Task instructions:
Taking the line with "heard video_pt (reads nothing" as the first and the line with "-- The payloads that arrive." as the last, set down exactly every line in that range from the entries below, and no more.

= = = =

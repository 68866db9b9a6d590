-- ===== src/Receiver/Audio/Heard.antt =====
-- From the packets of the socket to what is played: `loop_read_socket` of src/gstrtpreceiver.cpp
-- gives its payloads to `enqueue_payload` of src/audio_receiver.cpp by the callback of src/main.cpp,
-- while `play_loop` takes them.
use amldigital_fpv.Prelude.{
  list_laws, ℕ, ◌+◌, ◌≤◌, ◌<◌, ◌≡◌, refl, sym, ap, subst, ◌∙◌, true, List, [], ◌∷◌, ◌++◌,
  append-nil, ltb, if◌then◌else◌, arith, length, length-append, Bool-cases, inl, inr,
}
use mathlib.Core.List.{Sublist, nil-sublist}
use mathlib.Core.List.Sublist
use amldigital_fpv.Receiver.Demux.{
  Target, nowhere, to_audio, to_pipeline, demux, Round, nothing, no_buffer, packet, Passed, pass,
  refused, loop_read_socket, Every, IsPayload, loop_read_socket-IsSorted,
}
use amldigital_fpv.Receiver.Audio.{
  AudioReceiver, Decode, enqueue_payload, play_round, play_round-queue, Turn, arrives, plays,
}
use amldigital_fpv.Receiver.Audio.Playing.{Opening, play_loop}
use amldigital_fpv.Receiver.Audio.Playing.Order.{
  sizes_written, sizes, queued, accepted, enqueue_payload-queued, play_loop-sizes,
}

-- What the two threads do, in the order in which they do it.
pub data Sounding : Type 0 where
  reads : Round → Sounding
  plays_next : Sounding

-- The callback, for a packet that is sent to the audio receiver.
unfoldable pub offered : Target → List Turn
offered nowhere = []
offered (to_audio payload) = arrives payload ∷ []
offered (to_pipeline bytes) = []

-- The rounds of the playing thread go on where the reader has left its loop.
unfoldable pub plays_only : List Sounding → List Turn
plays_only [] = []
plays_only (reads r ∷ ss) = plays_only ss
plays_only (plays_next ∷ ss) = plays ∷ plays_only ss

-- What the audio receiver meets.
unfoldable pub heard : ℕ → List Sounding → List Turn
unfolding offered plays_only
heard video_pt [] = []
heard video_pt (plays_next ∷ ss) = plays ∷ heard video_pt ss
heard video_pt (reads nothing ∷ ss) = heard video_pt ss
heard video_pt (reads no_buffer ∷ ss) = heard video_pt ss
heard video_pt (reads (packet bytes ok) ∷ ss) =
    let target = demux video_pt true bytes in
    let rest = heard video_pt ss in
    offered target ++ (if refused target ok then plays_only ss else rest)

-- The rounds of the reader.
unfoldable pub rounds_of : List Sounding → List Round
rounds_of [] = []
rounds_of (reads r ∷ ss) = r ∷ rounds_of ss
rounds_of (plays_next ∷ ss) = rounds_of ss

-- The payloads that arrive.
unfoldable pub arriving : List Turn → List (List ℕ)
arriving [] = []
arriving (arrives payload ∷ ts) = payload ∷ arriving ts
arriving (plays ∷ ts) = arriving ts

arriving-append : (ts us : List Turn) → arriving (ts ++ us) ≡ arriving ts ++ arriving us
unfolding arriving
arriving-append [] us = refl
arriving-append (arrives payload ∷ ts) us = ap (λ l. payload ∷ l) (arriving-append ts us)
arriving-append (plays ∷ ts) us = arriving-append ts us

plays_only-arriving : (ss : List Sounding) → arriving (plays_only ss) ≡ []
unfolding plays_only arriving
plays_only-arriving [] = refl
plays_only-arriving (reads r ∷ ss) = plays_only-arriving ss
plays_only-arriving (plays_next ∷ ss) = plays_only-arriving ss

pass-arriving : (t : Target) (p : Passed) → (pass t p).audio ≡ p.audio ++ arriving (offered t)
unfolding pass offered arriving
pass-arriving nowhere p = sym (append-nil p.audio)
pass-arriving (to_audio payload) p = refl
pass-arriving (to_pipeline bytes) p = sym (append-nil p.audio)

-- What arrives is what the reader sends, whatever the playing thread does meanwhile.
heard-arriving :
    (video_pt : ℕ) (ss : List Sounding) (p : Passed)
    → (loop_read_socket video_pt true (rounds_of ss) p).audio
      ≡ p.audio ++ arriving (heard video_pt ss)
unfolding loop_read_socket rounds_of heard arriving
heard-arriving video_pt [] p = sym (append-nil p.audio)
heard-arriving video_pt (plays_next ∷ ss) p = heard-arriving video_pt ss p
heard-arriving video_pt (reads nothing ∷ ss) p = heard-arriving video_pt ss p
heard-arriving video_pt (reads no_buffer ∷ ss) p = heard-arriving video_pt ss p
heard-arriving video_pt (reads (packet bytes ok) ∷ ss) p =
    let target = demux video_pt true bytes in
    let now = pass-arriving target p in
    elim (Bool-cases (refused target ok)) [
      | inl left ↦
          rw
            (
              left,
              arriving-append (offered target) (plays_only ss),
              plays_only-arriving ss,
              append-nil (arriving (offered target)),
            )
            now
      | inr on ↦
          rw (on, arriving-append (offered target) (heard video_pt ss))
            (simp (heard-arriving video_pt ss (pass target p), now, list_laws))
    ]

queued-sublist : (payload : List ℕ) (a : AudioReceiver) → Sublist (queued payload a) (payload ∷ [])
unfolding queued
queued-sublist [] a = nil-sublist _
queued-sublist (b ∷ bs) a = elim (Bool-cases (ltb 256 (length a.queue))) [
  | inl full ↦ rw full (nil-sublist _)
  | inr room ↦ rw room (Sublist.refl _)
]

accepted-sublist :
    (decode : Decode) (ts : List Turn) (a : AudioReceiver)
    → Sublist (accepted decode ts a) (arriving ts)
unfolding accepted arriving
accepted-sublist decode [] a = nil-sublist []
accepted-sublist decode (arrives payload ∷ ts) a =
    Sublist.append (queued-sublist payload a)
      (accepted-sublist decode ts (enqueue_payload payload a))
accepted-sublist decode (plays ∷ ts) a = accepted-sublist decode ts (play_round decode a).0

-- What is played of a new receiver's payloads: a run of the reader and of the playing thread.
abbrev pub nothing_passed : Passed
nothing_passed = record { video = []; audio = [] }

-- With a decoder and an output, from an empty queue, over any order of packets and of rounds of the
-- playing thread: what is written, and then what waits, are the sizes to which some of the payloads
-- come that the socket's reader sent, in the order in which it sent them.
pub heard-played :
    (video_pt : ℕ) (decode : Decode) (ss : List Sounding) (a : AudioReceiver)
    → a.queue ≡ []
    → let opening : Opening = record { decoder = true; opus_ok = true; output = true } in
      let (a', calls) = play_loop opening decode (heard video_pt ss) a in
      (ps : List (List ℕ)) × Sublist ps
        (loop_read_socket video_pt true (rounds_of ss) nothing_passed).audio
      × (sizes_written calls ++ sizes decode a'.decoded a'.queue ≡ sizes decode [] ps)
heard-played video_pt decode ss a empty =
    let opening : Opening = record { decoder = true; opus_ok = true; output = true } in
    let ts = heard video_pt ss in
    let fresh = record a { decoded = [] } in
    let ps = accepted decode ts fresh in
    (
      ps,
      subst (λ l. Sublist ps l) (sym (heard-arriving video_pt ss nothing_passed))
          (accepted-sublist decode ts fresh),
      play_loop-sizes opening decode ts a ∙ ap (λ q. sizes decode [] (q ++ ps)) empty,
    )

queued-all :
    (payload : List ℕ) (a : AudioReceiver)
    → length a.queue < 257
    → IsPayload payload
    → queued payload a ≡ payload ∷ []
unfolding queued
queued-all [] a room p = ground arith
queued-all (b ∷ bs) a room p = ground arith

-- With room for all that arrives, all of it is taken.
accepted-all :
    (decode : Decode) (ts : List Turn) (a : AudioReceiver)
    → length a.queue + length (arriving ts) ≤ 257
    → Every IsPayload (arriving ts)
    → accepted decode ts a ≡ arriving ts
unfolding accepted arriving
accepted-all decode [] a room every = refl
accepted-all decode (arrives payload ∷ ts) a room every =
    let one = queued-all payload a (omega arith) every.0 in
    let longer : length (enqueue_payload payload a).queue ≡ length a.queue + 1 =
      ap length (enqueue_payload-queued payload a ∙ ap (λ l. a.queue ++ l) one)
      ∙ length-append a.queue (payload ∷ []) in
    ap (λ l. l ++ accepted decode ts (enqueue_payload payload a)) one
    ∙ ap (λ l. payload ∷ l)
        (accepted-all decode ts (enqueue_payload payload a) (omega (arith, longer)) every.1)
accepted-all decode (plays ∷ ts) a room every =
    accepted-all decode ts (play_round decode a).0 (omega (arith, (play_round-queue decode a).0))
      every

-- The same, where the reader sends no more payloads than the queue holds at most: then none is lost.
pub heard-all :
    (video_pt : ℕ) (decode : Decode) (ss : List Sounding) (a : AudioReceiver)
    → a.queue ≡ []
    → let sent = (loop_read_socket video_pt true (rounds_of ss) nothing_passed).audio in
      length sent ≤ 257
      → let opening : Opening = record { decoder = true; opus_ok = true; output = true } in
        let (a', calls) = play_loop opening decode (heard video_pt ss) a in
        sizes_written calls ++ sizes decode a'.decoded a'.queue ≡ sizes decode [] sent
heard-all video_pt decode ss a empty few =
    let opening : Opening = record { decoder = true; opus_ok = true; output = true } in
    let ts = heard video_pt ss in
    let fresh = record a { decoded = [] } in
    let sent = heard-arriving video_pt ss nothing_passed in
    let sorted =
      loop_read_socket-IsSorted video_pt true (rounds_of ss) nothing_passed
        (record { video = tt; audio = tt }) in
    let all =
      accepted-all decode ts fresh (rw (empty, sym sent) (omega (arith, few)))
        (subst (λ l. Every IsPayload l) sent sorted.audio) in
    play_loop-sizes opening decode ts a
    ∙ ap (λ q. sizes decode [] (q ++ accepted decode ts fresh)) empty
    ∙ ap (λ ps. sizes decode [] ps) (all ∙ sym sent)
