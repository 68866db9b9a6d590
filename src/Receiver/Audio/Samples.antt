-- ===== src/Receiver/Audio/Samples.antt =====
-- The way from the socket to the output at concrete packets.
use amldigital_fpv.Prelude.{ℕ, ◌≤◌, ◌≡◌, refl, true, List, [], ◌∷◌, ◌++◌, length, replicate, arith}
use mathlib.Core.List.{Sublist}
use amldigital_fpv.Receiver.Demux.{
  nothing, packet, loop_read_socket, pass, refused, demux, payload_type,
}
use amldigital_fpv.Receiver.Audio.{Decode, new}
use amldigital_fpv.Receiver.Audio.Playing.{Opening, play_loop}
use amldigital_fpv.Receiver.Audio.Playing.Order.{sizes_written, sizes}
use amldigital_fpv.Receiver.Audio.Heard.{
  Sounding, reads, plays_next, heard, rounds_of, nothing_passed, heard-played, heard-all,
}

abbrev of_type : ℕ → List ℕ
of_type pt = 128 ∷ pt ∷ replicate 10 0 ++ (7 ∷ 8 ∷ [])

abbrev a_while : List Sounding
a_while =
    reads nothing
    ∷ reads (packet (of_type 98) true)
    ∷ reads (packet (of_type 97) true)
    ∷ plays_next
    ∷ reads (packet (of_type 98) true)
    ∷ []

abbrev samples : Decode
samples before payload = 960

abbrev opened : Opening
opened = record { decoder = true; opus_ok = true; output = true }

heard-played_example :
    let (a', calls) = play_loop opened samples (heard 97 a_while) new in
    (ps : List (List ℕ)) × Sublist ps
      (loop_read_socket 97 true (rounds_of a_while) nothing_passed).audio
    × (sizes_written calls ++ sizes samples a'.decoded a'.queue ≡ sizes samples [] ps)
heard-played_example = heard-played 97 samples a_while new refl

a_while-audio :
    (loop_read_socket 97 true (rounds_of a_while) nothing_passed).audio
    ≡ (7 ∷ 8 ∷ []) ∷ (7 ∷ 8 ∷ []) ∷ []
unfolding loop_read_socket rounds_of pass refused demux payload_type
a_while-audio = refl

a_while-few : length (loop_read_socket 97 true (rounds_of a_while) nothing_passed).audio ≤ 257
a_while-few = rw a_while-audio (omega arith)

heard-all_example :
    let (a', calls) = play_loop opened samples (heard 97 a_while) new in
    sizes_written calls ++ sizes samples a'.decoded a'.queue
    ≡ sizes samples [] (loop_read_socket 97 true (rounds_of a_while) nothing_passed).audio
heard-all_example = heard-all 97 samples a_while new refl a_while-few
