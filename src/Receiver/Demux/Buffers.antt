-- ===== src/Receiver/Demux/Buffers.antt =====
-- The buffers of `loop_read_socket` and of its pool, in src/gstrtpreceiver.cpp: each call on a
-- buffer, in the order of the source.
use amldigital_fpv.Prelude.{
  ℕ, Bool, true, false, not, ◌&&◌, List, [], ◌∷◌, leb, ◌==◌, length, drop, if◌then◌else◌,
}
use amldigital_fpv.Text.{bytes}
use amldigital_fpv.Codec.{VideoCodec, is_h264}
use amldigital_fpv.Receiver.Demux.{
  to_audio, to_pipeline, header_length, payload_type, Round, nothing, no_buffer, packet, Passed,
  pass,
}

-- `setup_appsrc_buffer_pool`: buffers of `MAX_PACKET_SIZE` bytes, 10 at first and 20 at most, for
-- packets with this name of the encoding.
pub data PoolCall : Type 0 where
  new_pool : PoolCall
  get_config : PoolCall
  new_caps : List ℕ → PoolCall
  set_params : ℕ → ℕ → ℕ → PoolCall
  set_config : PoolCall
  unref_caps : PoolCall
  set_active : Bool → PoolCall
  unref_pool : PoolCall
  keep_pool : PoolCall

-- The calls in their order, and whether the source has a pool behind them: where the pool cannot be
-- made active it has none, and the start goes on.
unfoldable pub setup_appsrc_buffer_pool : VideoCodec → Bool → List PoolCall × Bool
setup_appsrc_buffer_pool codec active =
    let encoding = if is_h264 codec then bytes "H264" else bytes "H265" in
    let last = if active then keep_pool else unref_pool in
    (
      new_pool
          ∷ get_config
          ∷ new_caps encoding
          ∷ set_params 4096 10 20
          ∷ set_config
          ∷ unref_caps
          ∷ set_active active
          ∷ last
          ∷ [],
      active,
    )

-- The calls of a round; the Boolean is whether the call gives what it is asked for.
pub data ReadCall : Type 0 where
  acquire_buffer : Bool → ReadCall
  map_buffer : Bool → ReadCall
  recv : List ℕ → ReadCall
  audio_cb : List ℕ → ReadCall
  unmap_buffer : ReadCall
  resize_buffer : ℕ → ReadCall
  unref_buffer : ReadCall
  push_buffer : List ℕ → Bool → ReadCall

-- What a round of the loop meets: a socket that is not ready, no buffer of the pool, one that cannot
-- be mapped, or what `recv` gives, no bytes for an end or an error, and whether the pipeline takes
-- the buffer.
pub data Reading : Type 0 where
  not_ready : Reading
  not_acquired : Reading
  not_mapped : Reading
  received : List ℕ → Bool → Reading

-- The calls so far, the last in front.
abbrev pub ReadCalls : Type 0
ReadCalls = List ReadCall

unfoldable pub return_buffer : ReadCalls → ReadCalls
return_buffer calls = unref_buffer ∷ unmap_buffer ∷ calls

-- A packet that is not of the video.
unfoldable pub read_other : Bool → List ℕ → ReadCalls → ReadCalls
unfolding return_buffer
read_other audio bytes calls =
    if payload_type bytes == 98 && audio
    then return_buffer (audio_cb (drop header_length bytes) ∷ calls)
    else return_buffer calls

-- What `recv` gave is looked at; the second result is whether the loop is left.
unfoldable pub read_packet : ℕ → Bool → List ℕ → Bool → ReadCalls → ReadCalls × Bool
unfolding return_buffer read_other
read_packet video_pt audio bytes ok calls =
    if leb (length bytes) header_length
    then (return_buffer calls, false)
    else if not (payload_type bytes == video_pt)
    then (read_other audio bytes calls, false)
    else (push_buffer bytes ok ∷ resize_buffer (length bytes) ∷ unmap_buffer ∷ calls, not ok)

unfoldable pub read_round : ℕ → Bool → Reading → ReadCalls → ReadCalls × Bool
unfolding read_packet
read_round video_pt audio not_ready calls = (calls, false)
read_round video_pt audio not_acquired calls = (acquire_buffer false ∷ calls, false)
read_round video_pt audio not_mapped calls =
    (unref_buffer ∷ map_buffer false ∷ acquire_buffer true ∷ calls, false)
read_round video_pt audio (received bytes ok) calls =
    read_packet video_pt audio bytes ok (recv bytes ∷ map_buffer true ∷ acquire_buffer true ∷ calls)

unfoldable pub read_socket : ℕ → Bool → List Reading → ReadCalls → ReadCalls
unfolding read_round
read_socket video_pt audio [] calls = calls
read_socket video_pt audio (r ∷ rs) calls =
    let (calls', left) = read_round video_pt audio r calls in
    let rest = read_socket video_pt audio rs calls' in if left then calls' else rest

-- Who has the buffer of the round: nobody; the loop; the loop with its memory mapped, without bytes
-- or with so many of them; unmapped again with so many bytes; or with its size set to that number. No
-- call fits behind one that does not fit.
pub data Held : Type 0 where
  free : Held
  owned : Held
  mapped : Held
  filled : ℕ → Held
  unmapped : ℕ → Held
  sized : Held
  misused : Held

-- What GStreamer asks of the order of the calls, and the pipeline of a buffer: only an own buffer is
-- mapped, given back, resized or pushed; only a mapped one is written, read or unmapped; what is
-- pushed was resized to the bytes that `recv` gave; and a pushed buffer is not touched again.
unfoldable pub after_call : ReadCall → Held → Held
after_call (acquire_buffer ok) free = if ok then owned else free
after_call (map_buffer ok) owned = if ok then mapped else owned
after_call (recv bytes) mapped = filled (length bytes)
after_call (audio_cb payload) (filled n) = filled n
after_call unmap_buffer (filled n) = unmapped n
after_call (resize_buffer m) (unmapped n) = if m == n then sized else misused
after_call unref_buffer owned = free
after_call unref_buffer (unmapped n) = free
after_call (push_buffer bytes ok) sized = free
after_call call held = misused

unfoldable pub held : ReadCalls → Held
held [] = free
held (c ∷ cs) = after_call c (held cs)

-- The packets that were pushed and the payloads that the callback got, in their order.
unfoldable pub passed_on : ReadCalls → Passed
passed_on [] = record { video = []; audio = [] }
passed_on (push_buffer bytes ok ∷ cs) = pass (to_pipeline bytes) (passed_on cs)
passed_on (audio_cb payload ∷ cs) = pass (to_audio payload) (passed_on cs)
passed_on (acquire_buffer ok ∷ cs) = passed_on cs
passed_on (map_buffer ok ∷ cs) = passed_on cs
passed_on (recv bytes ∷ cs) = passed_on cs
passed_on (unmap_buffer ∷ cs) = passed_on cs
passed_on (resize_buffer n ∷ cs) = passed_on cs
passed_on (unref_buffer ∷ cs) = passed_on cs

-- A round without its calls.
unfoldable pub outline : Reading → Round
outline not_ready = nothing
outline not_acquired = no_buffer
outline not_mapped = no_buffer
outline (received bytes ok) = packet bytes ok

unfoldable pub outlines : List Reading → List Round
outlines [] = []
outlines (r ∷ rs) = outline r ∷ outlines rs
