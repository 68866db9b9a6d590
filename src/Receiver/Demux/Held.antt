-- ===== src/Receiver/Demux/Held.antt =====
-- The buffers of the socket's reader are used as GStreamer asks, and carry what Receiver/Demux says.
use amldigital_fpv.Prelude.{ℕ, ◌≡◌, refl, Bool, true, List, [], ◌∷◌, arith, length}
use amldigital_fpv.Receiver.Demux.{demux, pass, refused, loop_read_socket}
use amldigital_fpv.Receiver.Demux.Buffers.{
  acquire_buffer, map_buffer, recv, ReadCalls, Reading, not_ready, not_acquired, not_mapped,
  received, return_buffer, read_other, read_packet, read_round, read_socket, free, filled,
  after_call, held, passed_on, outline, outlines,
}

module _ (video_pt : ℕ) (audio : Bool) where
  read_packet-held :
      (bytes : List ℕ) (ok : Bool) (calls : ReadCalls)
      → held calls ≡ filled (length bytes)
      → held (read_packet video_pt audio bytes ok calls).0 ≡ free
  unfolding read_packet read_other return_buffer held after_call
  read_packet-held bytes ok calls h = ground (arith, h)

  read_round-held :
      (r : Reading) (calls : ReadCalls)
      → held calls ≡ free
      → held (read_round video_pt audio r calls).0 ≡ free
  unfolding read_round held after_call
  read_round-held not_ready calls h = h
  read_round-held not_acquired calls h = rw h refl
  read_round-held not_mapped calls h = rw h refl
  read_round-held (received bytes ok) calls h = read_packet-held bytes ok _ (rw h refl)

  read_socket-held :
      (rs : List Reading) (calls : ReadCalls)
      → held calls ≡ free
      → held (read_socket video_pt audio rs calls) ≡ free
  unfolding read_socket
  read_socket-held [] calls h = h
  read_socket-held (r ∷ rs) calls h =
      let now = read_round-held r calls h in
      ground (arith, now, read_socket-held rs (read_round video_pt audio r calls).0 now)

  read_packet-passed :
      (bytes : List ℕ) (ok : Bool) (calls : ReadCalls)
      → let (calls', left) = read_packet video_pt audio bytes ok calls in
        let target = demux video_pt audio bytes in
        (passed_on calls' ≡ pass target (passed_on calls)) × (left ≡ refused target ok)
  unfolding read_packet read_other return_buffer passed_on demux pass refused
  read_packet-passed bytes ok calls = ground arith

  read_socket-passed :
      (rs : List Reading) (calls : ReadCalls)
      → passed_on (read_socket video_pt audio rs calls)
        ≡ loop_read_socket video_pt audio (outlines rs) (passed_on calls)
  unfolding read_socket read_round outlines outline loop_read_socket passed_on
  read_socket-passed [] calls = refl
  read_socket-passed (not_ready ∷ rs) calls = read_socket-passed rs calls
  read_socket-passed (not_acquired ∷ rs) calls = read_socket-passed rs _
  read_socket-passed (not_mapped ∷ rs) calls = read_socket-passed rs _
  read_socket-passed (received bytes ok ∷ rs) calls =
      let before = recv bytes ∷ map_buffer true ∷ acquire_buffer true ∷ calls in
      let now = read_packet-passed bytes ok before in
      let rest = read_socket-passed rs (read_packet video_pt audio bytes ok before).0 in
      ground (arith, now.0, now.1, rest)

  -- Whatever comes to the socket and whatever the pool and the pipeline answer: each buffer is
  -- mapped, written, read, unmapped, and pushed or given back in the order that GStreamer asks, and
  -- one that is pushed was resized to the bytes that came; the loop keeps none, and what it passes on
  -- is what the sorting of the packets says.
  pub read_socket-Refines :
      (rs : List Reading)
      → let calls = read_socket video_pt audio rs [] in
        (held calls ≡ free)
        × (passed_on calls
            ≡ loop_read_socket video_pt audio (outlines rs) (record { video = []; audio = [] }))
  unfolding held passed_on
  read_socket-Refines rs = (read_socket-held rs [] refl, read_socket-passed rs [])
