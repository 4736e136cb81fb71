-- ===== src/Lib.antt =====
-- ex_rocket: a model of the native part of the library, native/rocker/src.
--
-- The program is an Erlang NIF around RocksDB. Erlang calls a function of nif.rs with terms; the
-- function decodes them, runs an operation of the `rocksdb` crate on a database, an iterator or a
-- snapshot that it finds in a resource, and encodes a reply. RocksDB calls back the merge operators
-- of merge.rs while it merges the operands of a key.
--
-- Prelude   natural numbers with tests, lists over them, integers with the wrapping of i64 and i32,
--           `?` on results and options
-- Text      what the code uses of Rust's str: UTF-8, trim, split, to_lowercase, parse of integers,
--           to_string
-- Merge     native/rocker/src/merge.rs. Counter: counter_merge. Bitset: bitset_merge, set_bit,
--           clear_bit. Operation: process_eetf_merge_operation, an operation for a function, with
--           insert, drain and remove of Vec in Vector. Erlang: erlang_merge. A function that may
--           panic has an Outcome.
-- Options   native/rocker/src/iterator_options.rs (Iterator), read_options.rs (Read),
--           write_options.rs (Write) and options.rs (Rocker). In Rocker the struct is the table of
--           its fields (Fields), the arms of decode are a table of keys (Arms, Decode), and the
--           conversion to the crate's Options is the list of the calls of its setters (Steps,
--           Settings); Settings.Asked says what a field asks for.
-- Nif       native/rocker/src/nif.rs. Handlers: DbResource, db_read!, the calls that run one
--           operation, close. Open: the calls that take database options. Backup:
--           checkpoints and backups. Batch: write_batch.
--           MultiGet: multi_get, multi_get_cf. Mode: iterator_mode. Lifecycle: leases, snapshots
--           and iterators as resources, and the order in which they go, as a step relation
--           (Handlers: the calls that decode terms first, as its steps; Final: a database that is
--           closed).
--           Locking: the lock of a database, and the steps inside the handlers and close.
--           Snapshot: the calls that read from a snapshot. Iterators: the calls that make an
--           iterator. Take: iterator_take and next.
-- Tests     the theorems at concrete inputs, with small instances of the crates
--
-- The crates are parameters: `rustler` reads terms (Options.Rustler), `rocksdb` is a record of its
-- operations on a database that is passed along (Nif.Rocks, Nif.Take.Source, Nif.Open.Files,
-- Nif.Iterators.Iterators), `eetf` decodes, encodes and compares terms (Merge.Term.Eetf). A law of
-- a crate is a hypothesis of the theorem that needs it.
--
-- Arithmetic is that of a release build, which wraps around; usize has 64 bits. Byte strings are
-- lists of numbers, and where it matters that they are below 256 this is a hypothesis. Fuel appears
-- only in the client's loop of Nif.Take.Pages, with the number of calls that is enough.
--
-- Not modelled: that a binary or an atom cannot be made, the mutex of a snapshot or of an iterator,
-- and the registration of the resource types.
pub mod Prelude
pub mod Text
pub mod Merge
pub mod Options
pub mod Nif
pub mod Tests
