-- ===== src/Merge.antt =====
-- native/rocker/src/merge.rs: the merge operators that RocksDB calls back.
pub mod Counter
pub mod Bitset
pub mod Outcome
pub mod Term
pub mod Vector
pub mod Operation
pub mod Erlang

= = = =

Response:
heard video_pt (reads nothing ∷ ss) = heard video_pt ss
heard video_pt (reads no_buffer ∷ ss) = heard video_pt ss
heard video_pt (reads (packet bytes ok) ∷ ss) =
    let target = demux video_pt true bytes in
    let rest = heard video_pt ss in
    offered target ++ (if refused target ok then plays_only ss else rest)

-- The rounds of the reader.
unfoldable pub rounds_of : List Sounding → List Round
rounds_of [] = []
rounds_of (reads r ∷ ss) = r ∷ rounds_of ss
rounds_of (plays_next ∷ ss) = rounds_of ss

-- The payloads that arrive.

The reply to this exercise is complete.